=== Section Start ===

-- ===== src/Raft/Commit.antt =====
-- trading/src/consensus/raft.rs: what a leader may commit, and what a follower may lose.
use mathlib.Core.List.{Memᴰ}
use actix_pura.Prelude.{
  ℕ, ◌+◌, ◌*◌, ◌≤◌, ◌<◌, ◌≡◌, ◌⊎◌, refl, ◌∙◌, String, true, false, List, [], ◌∷◌, arith, ltb, inl,
  inr, length, add64,
}
use actix_pura.Prelude.Dict.{insert}
use actix_pura.Raft.Types.{LogEntry, RaftNode, StateMachine, append_response}
use actix_pura.Raft.Leader.{
  count_from, try_commit, commit_loop, handle_answer, handle_append_entries_response,
}
use actix_pura.Raft.Applying.{apply-Untouched, apply_commit}

not_later : (t u : ℕ) → t ≤ u → ltb u t ≡ false
not_later t u h = ground arith

-- With the node itself, the nodes that are counted as holding the log up to `i` are more than half as
-- many as the cluster has. Nodes that have left the cluster are counted as well.
abbrev pub HasMajority : {C S : Type 0} → ℕ → RaftNode C S → Type 0
HasMajority i n = length n.cluster_nodes + 1 < (count_from i n.match_index + 1) * 2

-- The commit index stands, or has moved up to an entry of the list that is of the current term and
-- that enough nodes are counted for.
pub data Commits {C S : Type 0} (l : List (LogEntry C)) (n k : RaftNode C S) : Type 0 where
  same : k.commit_index ≡ n.commit_index → Commits l n k
  moved :
      (e : LogEntry C)
      → Memᴰ e l
      → e.term ≡ n.current_term
      → n.commit_index < e.index
      → k.commit_index ≡ e.index
      → HasMajority e.index n
      → Commits l n k

module _ {C S : Type 0} (m : StateMachine C S) where
  -- What the search for entries to commit reads.
  abbrev SameView : RaftNode C S → RaftNode C S → Type 0
  SameView n k =
      (k.current_term ≡ n.current_term)
      × (k.match_index ≡ n.match_index)
      × (k.cluster_nodes ≡ n.cluster_nodes)

  try_commit-SameView : (e : LogEntry C) (n : RaftNode C S) → SameView n (try_commit m e n)
  unfolding try_commit
  try_commit-SameView e n =
      let u = apply-Untouched m (record n { commit_index = e.index }) in
      ground (arith, u.current_term, u.match_index, u.cluster_nodes)

  try_commit_cases :
      (e : LogEntry C) (n : RaftNode C S)
      → ((try_commit m e n).commit_index ≡ n.commit_index)
        ⊎ ((e.term ≡ n.current_term)
            × (n.commit_index < e.index)
            × ((try_commit m e n).commit_index ≡ e.index)
            × HasMajority e.index n)
  unfolding try_commit
  try_commit_cases e n = ground (arith, apply_commit m (record n { commit_index = e.index }))

  commit_loop-Commits : (l : List (LogEntry C)) (n : RaftNode C S) → Commits l n (commit_loop m l n)
  unfolding commit_loop
  commit_loop-Commits [] n = same refl
  commit_loop-Commits (e ∷ l) n =
      join (commit_loop-Commits l (try_commit m e n)) (try_commit_cases e n)
        (try_commit-SameView e n)
    where
      join :
          {k z : RaftNode C S}
          → Commits l k z
          → (k.commit_index ≡ n.commit_index)
            ⊎ ((e.term ≡ n.current_term)
                × (n.commit_index < e.index)
                × (k.commit_index ≡ e.index)
                × HasMajority e.index n)
          → SameView n k
          → Commits (e ∷ l) n z
      join (same s) (inl t) v = same (s ∙ t)
      join (same s) (inr (t, u, w, x)) v = moved e (Memᴰ.head refl) t u (s ∙ w) x
      join (moved d i t u w x) c v =
          moved d (Memᴰ.tail i) (t ∙ v.0) (ground arith) w (rw (← v.1, ← v.2) x)

  -- When a follower answers, in no later term, that it holds the log up to some index, the leader's
  -- commit index stands, or moves up to an entry of its log that is of its own term and for which
  -- enough nodes are counted, the new answer among them.
  pub response-Commits :
      (i : String) (t matched : ℕ) (n : RaftNode C S)
      → t ≤ n.current_term
      → Commits n.log
          (record n {
            match_index = insert i matched n.match_index;
            next_index = insert i (add64 matched 1) n.next_index;
          })
          (handle_append_entries_response m i (append_response t true matched) n).0
  unfolding handle_append_entries_response handle_answer
  response-Commits i t matched n h = rw (not_later t n.current_term h) (commit_loop-Commits n.log _)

=== Section End ===

The task:
From the entries above, print the lines beginning at the one with "-- With the" and stopping after the one with "HasMajority i n", exactly as written and with nothing else.

Solution below:
-- With the node itself, the nodes that are counted as holding the log up to `i` are more than half as
-- many as the cluster has. Nodes that have left the cluster are counted as well.
abbrev pub HasMajority : {C S : Type 0} → ℕ → RaftNode C S → Type 0
HasMajority i n = length n.cluster_nodes + 1 < (count_from i n.match_index + 1) * 2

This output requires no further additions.